Comunque credo che per 30-40 mil lo vendono, ma se la rube non ha necessita di vendere lo puo dare anche a 50 imho. Cioe Hazard pagato 45, Pastore 41 .. fossi nella rube non mi metterei a 90. Il bayern ha soldi e devono chiederli il piu possibile. Poi vanno ad investire ancora di piu.

Spero che lo tengano...


----------



## Kurt91 (18 Gennaio 2013)

Oddio è un buon giocatore, ma 40 milioni per Vidal mai.


----------



## Splendidi Incisivi (18 Gennaio 2013)

Vidal e Tioté ? Di un Hummels hanno bisogno perché il pacchetto di centrali è abbastanza scadente... eh, il nuovo Messi chi sarà ? Io azzarderei Muller con Robben e Ribery esterni


----------



## Jino (18 Gennaio 2013)

Io sono dell'idea che Guardiola non sia affatto intenzionato a portare a Monaco il gioco del Barca, sa che è impossibile da esportare, non può essere cosi stupido da commettere questo errore.


----------



## Prinz (18 Gennaio 2013)

juventino ha scritto:


> Se offrissero 40-50 milioni se fossi la Juve considererei la cessione di Vidal.



se vabbè


----------



## Jino (18 Gennaio 2013)

juventino ha scritto:


> Se offrissero 40-50 milioni se fossi la Juve considererei la cessione di Vidal.

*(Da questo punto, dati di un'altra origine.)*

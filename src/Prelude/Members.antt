-- ===== src/Prelude/Members.antt =====
-- Membership by a Boolean test, for lists of keys and for the keys of a map.
use mathlib.Core.Path.{◌≡◌, refl, sym, ◌∙◌}
use mathlib.Core.Bool.{Bool, true, false, ◌||◌}
use mathlib.Core.Option.{none, some}
use mathlib.Core.List.{List, [], ◌∷◌, ◌++◌}
use mathlib.Core.Logic.{inl, inr}
use native.Mathlib.Omega.{arith}
use go_agent.Prelude.Tests.{if◌then◌else◌}
use go_agent.Prelude.Lists.{All}
use go_agent.Prelude.Text.{Key, key_eq, key_iff, key_refl, Bool-cases}
use go_agent.Prelude.Dict.{Dict, keys, get, get_or, put, has, HasUniqueKeys}
use go_agent.Prelude.Sort.{insert_by, sort_by}

module _ {ℓ} {K : Type ℓ} ⦃e : Key K⦄ where
  unfoldable pub contains : K → List K → Bool
  contains k [] = false
  contains k (x ∷ xs) = if key_eq x k then true else contains k xs

  -- No element twice.
  abbrev pub Distinct : List K → Type 0
  Distinct [] = Unit
  Distinct (x ∷ xs) = (contains x xs ≡ false) × Distinct xs

  contains-insert_by :
      (k : K) (le : K → K → Bool) (x : K) (xs : List K)
      → contains k (insert_by le x xs) ≡ (if key_eq x k then true else contains k xs)
  unfolding contains insert_by
  contains-insert_by k le x [] = refl
  contains-insert_by k le x (y ∷ ys) = ground (arith, contains-insert_by k le x ys)

  pub contains-sort_by :
      (k : K) (le : K → K → Bool) (xs : List K) → contains k (sort_by le xs) ≡ contains k xs
  unfolding contains sort_by
  contains-sort_by k le [] = refl
  contains-sort_by k le (x ∷ xs) =
      contains-insert_by k le x (sort_by le xs) ∙ ground (arith, contains-sort_by k le xs)

  insert_by-Distinct :
      (le : K → K → Bool) (x : K) (xs : List K)
      → contains x xs ≡ false
      → Distinct xs
      → Distinct (insert_by le x xs)
  unfolding contains insert_by
  insert_by-Distinct le x [] absent h = (refl, tt)
  insert_by-Distinct le x (y ∷ ys) absent h = elim (Bool-cases (le x y)) [
    | inl first ↦ rw first (absent, h)
    | inr later ↦ rw later (
      contains-insert_by y le x ys ∙ ground (arith, key_iff x y, key_iff y x),
      insert_by-Distinct le x ys (ground arith) h.1,
    )
  ]

  pub sort_by-Distinct : (le : K → K → Bool) (xs : List K) → Distinct xs → Distinct (sort_by le xs)
  unfolding sort_by
  sort_by-Distinct le [] h = tt
  sort_by-Distinct le (x ∷ xs) h =
      insert_by-Distinct le x (sort_by le xs) (contains-sort_by x le xs ∙ h.0)
        (sort_by-Distinct le xs h.1)

  module _ {κ} {V : Type κ} where
    pub has-contains : (k : K) (d : Dict K V) → has k d ≡ contains k (keys d)
    unfolding has contains
    has-contains k [] = refl
    has-contains k ((j, v) ∷ d) = ground (arith, has-contains k d)

    pub HasUniqueKeys→Distinct : (d : Dict K V) → HasUniqueKeys d → Distinct (keys d)
    HasUniqueKeys→Distinct [] h = tt
    HasUniqueKeys→Distinct ((k, v) ∷ d) h =
        (sym (has-contains k d) ∙ h.0, HasUniqueKeys→Distinct d h.1)

    pub Distinct→HasUniqueKeys : (d : Dict K V) → Distinct (keys d) → HasUniqueKeys d
    Distinct→HasUniqueKeys [] h = tt
    Distinct→HasUniqueKeys ((k, v) ∷ d) h = (has-contains k d ∙ h.0, Distinct→HasUniqueKeys d h.1)

    -- A write under a new key stands at the end.
    pub put_new : (k : K) (v : V) (d : Dict K V) → has k d ≡ false → put k v d ≡ d ++ (k, v) ∷ []
    unfolding put has
    put_new k v [] h = refl
    put_new k v ((j, w) ∷ d) h = elim (Bool-cases (key_eq j k)) [
      | inl same ↦ cc (rw same at h)
      | inr other ↦ rw (other, put_new k v d (rw other at h)) refl
    ]

    pub has-snoc :
        (k j : K) (v : V) (d : Dict K V)
        → has k d ≡ false
        → key_eq j k ≡ false
        → has k (d ++ (j, v) ∷ []) ≡ false
    unfolding has
    has-snoc k j v [] h ne = rw ne
    has-snoc k j v ((i, w) ∷ d) h ne = ground (arith, has-snoc k j v d)

    pub get-get_or : (z : V) (k : K) (d : Dict K V) → has k d ≡ true → get k d ≡ some (get_or z k d)
    unfolding get get_or has
    get-get_or z k [] h = cc
    get-get_or z k ((j, v) ∷ d) h = elim (Bool-cases (key_eq j k)) [
      | inl same ↦ rw same
      | inr other ↦ rw other (get-get_or z k d (rw other at h))
    ]

    pub get_absent : (k : K) (d : Dict K V) → has k d ≡ false → get k d ≡ none
    unfolding get has
    get_absent k [] h = refl
    get_absent k ((j, v) ∷ d) h = elim (Bool-cases (key_eq j k)) [
      | inl same ↦ cc (rw same at h)
      | inr other ↦ rw other (get_absent k d (rw other at h))
    ]

  pub All-contains {κ} :
      (P : K → Type κ) (ks : List K) → ((k : K) → contains k ks ≡ true → P k) → All P ks
  unfolding contains
  All-contains P [] f = tt
  All-contains P (k ∷ ks) f = (
    f k (rw (key_refl k) refl),
    All-contains P ks (λ j here.
        f j (elim (Bool-cases (key_eq k j)) [ inl same ↦ rw same | inr other ↦ rw other here ])),
  )

  pub contains_snoc :
      (k j : K) (xs : List K) → contains k (xs ++ j ∷ []) ≡ (contains k xs || key_eq j k)
  unfolding contains
  contains_snoc k j [] = ground arith
  contains_snoc k j (x ∷ xs) = ground (arith, contains_snoc k j xs)

  pub Distinct-snoc :
      (k : K) (xs : List K) → contains k xs ≡ false → Distinct xs → Distinct (xs ++ k ∷ [])
  unfolding contains
  Distinct-snoc k [] new h = (refl, tt)
  Distinct-snoc k (x ∷ xs) new h = (
    contains_snoc x k xs ∙ ground (arith, key_iff x k, key_iff k x),
    Distinct-snoc k xs (ground arith) h.1,
  )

Ti dirò, Vidal per me ad oggi è uno dei 5 centrocampisti più forti del mondo. E si deve partire dal presupposto che le grandi squadre non vendono i grandi giocatori. 

Però secondo me è un giocatore che sarà poco longevo, per il semplice fatto che sembra amare troppo la vita mondana. Quindi forse venderlo ora sarebbe presto, ma credo che la Juventus dopo 3 anni farebbe benissimo a cederlo a cifre astronomiche.


----------



## DexMorgan (18 Gennaio 2013)

Ma in quale mondo Vidal dovrebbe valere 40 mln?
Ragazzi, spero stiate scherzando. La cifra giusta è 20 mln, ossia quella che pare sia stata offerta dal Bayern.
40 mln no eh.


----------



## DR_1 (18 Gennaio 2013)

Vidal 20mln? in quale mondo? Di sicuro non 40, ma neanche 20.


----------



## Fabry_cekko (18 Gennaio 2013)

per Vidal 30 milioni vanno bene...

a Guardiola non servono tanti rinforzi...secondo me un difensore (appunto Hummels) una riserva a centrocampo e magari in attacco Lewandoski...il nuovo Messi potrebbe essere Shaqiri


----------



## Dexter (18 Gennaio 2013)

vidal vale sui 32-33 milioni,è uno dei migliori al mondo nel suo ruolo dai...


----------



## If Everyone Cared (18 Gennaio 2013)

la cifra giusta per vidal è, parere personalissimo, attorno ai 30 mln. poi va beh, c'è sempre il solito tifoso blindmark che deve fare lo splendido e sparare cifroni a caso (50? serio?).
tra l'altro non l'urgenza di doverlo acquistare, visto che hanno già schweini e martinez. tioté idem.

- - - Aggiornato - - -



Dexter ha scritto:


> vidal vale sui 32-33 milioni,è uno dei migliori al mondo nel suo ruolo dai...



pure modric.
ed è costato 30, non 70.


----------



## BB7 (18 Gennaio 2013)

Vidal vale al massimo 25 mln


----------



## DexMorgan (18 Gennaio 2013)

If Everyone Cared ha scritto:


> la cifra giusta per vidal è, parere personalissimo, attorno ai 30 mln. poi va beh, c'è sempre il solito tifoso blindmark che deve fare lo splendido e sparare cifroni a caso (50? serio?).
> tra l'altro non l'urgenza di doverlo acquistare, visto che hanno già schweini e martinez. tioté idem.
> 
> - - - Aggiornato - - -
> ...



Che poi tra l'altro ha pure detto "a 40/50 inizierei a pensarci". Come per dire che forse non sono addirittura abbastanza.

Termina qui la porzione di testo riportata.